The first two parts of this series introduced machine learning concepts and outlined key roles for delivering insight. Now, let’s discuss how to leverage an iterative process for designing, building and implementing machine learning solutions that solve strategic business problems. A common methodology with wide-spread adoption is the data mining process framework called CRISP-DM. The framework was first introduced in the late 1990’s by a consortium of data-focused corporations searching for a structured approach to analyze data. With the growth of machine learning, the framework has evolved into a standard methodology for building analytical applications. There have been many variations of the framework since its inception but the core principles remain the same:
- Define the business problem and align with strategic goals.
- Ensure the right data is available.
- Iteratively build and validate the model.
- Deploy the solution within the business.
In general, CRISP-DM is a set of tasks organized into six phases that comprise an integrated development lifecycle. Each phase is aligned to a core principle and provides requisite input for the next phase in the process.
Understanding the Business Problem
The first step to a successful analysis project is to define the business problem and corresponding data analysis goals. The Business Understanding phase is an opportunity for all stakeholders to understand and agree upon the proposed business solution. The output of this phase defines the scope needed for the project, which leads to the next phase of work.
Understanding the Data
The objective of the Data Understanding phase is to ensure the right data is available. The project team is focused on exploring and acquiring data from multiples data sources whether internal or external to the business. This is an opportunity to conduct exploratory data analysis in order to gain initial insights. These insights are then compared to the data analysis goals to ensure feasibility of the proposed business solution. Often times various analysis techniques such as descriptive statistics and clustering are employed to better understand the data beyond summaries.

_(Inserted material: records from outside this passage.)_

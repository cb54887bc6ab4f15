-- ===== src/Benchctl/Recover.antt =====
-- `recover` and `status` of tools/benchctl/src/cpuidle.rs.
use Prim.Native.String.{String}
use text.Mathlib.Text.{◌==◌ as ◌=ₜ◌}
use snoozer.Prelude.{Bool, true, false, not, List, [], ◌∷◌, Option, none, some, if◌then◌else◌}
use snoozer.Benchctl.Paths.{FileName}
use snoozer.Benchctl.Errors.{BenchError, state_error}
use snoozer.Benchctl.Host.{World, Host, Action, pure, throw, ◌>>=◌, ◌>>◌, throw_if}
use snoozer.Benchctl.Journal.{Codec, Journal, Stage, stage, is_restored, load, read_boot_id}
use snoozer.Benchctl.Cpuidle.{restore}
use snoozer.Benchctl.Select.{select_journals}
use snoozer.Benchctl.Supervision.{Services}
use snoozer.Benchctl.Run.{reconcile_runtime_outcome}
pub mod Undone
pub mod Back

abbrev pub only : List FileName → Host FileName
only [] = throw (state_error "there is no recoverable operation")
only (path ∷ []) = pure path
only _ = throw (state_error "more than one operation is recoverable; provide an operation ID")

module _ (c : Codec) where
  unfoldable pub stages_of : List FileName → Host (List (String × Stage))
  stages_of [] = pure []
  stages_of (path ∷ paths) = do
    journal ← load c path
    rest ← stages_of paths
    pure ((journal.operation_id, stage journal) ∷ rest)

  -- What `status` prints.
  unfoldable pub status : Option String → Host (List (String × Stage))
  status operation_id = select_journals c operation_id false >>= stages_of

  module _ (s : Services) where
    unfoldable pub undo : FileName → Journal → Action
    undo path journal = do
      boot ← read_boot_id
      throw_if (not (journal.boot_id =ₜ boot))
          (state_error "operation belongs to another Linux boot; automatic recovery is refused")
      reconciled ← reconcile_runtime_outcome c s path journal
      back ← restore c path reconciled
      s.cleanup_runtime journal.operation_id

    unfoldable pub recover_journal : FileName → Journal → Action
    recover_journal path journal =
        if is_restored journal then s.cleanup_runtime journal.operation_id else undo path journal

    unfoldable pub recover : Option String → Action
    recover operation_id = do
      s.secure_state
      s.lock_for true
      s.require_inactive
      paths ← select_journals c operation_id true
      path ← only paths
      journal ← load c path
      recover_journal path journal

Preparing Data for Analysis
With a deeper understanding of data, the next phase is Data Preparation. At this point, the team is focused on engineering tasks such as data ingestion, data cleansing, transformation and, if necessary, automation of data preparation processes. Similar to other data-related projects such as data warehousing or business intelligence, the Data Preparation phase aims to ensure data quality and consistency within a systematic approach. In addition, this phase will also design processes that are specific to machine learning techniques. For example, the accuracy of many algorithms is dependent upon the format of data values. Missing values may need to be imputed to ensure records are not inadvertently removed when the model is executed. Categorical attributes with characters values may need to be transformed to numbers.
Building the Model
It’s now time to build the model using machine learning techniques that support the pre-defined data analysis goals defined during the Business Understanding phase. Aligned with building the model is the evaluation of the model’s accuracy. Modeling and Evaluation are separate phases in the CRISP-DM framework, but in reality they typically work as one iterative phase. As described in part-one of this series, machine learning can be supervised – correct answers are given to the algorithm in advance; or unsupervised – no answers are provided in advance and the algorithm must group data into different classifications. Often times, multiple techniques can be used when modeling a solution. Clustering techniques (unsupervised) can be used to find natural data groups followed by classification (supervised) techniques to determine how new data should be grouped.
Deploying the Solution
The last step of the framework is deployment of the solution within the appropriate business process. Machine learning solutions are often embedded in operational processes where the solution can prescribe an action as it continues to learn from the ingestion of new data values. It may be deployed within real-time transactions or recurring batch processes. Monitoring the solution deployed within a business process may uncover opportunities for model improvements therefore spawning new development.
Identifying the Right Roles
As previously outlined in our series, there are numerous roles within a machine learning project. The roles include domain experts, platform/tools specialists, data engineers, data scientists and data visualization specialists. Typically, these roles are engaged in the full development lifecycle however some phases may have higher priorities for specific roles. For example, the Business Understanding phase will be a key priority for domain experts although their business knowledge will be required for Data Understanding and Evaluation. Data Engineers will be the primary role for Data Preparation. Platform/Tools Specialist will engage in Data Preparation and Deployment phases. Data Visualization roles can help define the solution during Business Understanding in addition to designing how the model can be consumed during the Modeling phase. The Data Scientist is usually engaged in the entire lifecycle especially if the role is perceived as a solution architect.
Another consideration is the allocation of effort within the framework. In other words, which phases take the greatest amount of time to complete? The Modeling phase is perceived as the most complex, but the greatest proportion of effort is normally the Data Preparation phase. Success factors for many machine learning projects are data quality and standardization.
Delivering Value
There are numerous development lifecycle methodologies but the CRISP-DM framework is the most widely used for analytic initiatives. It provides an approach for aligning business objectives with data analysis goals to ensure solutions are accurate and effective. Regardless, delivering the value of machine learning is dependent upon a structured, iterative approach for managing deliverables and expectations. This approach, which must also be flexible to change in order to solve strategic business problems.